Where the listing below has a line with "overwrite = λ", write out exactly that line and every line after it, stopping after the line with "repository 4a29622384fcfc77".

- **Extracted material**
____________________
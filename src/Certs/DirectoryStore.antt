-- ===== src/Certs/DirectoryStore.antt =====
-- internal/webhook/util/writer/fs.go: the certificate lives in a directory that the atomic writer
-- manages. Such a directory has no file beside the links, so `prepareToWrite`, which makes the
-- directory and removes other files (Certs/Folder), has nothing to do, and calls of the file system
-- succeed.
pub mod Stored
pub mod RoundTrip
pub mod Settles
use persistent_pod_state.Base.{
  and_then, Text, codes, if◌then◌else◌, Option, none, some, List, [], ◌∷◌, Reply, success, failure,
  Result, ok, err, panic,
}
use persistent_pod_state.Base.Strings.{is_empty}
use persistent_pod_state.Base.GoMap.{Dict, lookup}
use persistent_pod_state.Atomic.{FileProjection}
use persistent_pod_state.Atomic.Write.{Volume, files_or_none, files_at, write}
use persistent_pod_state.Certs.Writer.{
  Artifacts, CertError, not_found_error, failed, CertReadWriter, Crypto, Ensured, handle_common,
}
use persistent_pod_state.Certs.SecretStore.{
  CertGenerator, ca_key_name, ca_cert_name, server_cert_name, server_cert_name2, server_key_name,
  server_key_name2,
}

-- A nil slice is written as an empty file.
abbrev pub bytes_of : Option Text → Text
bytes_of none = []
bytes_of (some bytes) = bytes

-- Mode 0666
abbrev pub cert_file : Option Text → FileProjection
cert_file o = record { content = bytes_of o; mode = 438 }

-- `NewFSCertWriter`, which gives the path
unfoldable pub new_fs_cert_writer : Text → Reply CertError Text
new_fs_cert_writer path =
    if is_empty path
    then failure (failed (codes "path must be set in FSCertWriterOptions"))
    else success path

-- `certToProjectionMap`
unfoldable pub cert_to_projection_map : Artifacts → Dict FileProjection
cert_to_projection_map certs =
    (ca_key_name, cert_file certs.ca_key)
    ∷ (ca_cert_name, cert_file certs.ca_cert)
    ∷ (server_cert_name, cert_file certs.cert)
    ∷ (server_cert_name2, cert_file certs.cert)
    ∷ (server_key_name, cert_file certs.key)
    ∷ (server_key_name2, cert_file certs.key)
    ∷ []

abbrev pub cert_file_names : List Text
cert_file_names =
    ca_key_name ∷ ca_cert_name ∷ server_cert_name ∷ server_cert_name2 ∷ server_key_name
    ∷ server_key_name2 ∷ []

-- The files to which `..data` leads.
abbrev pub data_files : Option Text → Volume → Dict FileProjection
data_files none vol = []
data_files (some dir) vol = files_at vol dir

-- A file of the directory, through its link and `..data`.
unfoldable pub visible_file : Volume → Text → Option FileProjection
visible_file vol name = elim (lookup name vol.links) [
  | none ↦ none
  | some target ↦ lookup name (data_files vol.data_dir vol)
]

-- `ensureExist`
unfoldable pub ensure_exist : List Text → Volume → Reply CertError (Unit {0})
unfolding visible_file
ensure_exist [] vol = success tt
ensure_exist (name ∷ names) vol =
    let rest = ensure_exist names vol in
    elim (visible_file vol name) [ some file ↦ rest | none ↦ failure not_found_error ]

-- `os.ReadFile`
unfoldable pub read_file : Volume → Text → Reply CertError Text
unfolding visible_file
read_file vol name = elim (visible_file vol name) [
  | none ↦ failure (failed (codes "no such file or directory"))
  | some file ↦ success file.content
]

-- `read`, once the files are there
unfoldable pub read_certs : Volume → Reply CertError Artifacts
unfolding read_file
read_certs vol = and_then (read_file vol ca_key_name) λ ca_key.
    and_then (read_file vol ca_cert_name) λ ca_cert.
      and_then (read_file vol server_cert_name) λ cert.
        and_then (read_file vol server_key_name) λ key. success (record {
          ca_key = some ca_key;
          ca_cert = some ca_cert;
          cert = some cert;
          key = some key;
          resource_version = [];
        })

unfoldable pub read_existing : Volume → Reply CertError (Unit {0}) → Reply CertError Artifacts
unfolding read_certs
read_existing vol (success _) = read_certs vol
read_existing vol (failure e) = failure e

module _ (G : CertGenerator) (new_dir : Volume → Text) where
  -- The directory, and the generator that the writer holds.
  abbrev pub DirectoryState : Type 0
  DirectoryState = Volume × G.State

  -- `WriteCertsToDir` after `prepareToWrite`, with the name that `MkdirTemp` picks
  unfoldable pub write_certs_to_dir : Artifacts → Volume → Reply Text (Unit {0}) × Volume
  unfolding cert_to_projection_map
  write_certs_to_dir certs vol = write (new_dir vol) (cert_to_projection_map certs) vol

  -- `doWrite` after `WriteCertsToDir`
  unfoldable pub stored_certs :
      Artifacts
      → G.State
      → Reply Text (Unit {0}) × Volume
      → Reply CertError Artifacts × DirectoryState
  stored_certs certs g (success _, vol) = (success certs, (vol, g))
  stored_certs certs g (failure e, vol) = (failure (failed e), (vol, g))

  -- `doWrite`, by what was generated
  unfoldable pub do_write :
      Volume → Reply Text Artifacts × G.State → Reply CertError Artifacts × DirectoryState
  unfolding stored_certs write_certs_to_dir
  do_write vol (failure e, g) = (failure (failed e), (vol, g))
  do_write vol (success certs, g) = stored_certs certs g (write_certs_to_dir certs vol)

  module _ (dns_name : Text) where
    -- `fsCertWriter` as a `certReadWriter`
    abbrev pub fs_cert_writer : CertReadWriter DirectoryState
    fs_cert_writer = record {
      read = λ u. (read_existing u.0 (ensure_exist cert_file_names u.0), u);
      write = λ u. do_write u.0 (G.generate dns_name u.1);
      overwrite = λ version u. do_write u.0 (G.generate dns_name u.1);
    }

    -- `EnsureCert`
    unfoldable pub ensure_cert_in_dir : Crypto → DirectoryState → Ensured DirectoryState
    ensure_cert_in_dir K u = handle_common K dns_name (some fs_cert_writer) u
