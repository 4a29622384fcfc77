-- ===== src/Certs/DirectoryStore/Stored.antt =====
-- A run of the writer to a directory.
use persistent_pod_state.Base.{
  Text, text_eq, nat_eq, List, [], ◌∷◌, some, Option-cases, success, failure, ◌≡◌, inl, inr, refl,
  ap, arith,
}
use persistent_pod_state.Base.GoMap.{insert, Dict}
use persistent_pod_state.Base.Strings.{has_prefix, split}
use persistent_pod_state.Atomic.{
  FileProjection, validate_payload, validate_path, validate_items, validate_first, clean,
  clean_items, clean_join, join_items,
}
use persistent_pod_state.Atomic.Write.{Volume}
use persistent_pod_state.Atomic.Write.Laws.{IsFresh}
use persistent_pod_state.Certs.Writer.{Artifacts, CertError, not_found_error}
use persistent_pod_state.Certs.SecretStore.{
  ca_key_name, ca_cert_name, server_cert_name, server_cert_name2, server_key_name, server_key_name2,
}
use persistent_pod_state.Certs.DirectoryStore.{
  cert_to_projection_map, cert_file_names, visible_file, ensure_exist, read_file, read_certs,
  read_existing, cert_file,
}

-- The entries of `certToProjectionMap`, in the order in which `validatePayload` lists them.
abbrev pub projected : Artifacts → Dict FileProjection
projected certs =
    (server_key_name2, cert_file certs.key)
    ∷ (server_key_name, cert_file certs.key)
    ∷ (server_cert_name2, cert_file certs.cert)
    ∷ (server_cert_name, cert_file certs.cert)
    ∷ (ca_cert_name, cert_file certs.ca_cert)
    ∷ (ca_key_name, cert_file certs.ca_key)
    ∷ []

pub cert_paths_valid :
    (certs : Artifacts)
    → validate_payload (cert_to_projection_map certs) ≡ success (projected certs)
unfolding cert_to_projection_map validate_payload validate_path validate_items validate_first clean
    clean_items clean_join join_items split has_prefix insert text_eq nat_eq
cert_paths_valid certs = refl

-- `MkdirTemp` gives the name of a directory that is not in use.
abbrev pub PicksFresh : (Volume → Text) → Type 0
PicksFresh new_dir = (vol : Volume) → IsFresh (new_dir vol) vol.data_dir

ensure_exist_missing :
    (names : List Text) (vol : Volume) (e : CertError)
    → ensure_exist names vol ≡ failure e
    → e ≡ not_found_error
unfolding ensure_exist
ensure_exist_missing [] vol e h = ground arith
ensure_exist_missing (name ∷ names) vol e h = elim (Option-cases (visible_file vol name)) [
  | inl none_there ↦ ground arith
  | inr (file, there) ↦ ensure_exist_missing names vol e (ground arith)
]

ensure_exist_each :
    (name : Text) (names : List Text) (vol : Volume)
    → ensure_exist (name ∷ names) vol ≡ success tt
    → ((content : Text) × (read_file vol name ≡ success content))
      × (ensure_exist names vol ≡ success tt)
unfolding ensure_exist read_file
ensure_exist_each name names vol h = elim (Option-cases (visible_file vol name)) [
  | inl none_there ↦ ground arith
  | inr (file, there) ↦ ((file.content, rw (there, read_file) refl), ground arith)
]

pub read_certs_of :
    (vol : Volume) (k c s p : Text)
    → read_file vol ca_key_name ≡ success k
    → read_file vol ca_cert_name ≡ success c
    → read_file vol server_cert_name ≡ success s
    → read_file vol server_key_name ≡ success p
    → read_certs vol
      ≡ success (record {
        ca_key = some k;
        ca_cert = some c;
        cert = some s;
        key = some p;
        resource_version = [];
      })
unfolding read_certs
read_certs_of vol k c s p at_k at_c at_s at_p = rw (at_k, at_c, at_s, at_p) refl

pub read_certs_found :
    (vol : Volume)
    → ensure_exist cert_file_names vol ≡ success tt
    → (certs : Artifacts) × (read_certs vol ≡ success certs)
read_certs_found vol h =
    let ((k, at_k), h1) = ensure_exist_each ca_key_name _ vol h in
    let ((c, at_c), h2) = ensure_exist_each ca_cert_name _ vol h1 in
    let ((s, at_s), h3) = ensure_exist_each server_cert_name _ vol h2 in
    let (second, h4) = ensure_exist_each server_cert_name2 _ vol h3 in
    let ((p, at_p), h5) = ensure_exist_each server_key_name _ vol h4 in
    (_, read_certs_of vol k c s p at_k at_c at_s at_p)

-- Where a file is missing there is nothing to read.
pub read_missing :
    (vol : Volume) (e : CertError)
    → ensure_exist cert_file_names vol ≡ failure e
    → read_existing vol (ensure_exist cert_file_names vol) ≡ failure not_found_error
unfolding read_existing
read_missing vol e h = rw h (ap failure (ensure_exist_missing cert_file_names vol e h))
____________________
- **Solution for this exercise**
      overwrite = λ version u. do_write u.0 (G.generate dns_name u.1);
    }

    -- `EnsureCert`
    unfoldable pub ensure_cert_in_dir : Crypto → DirectoryState → Ensured DirectoryState
    ensure_cert_in_dir K u = handle_common K dns_name (some fs_cert_writer) u
repository 4a29622384fcfc77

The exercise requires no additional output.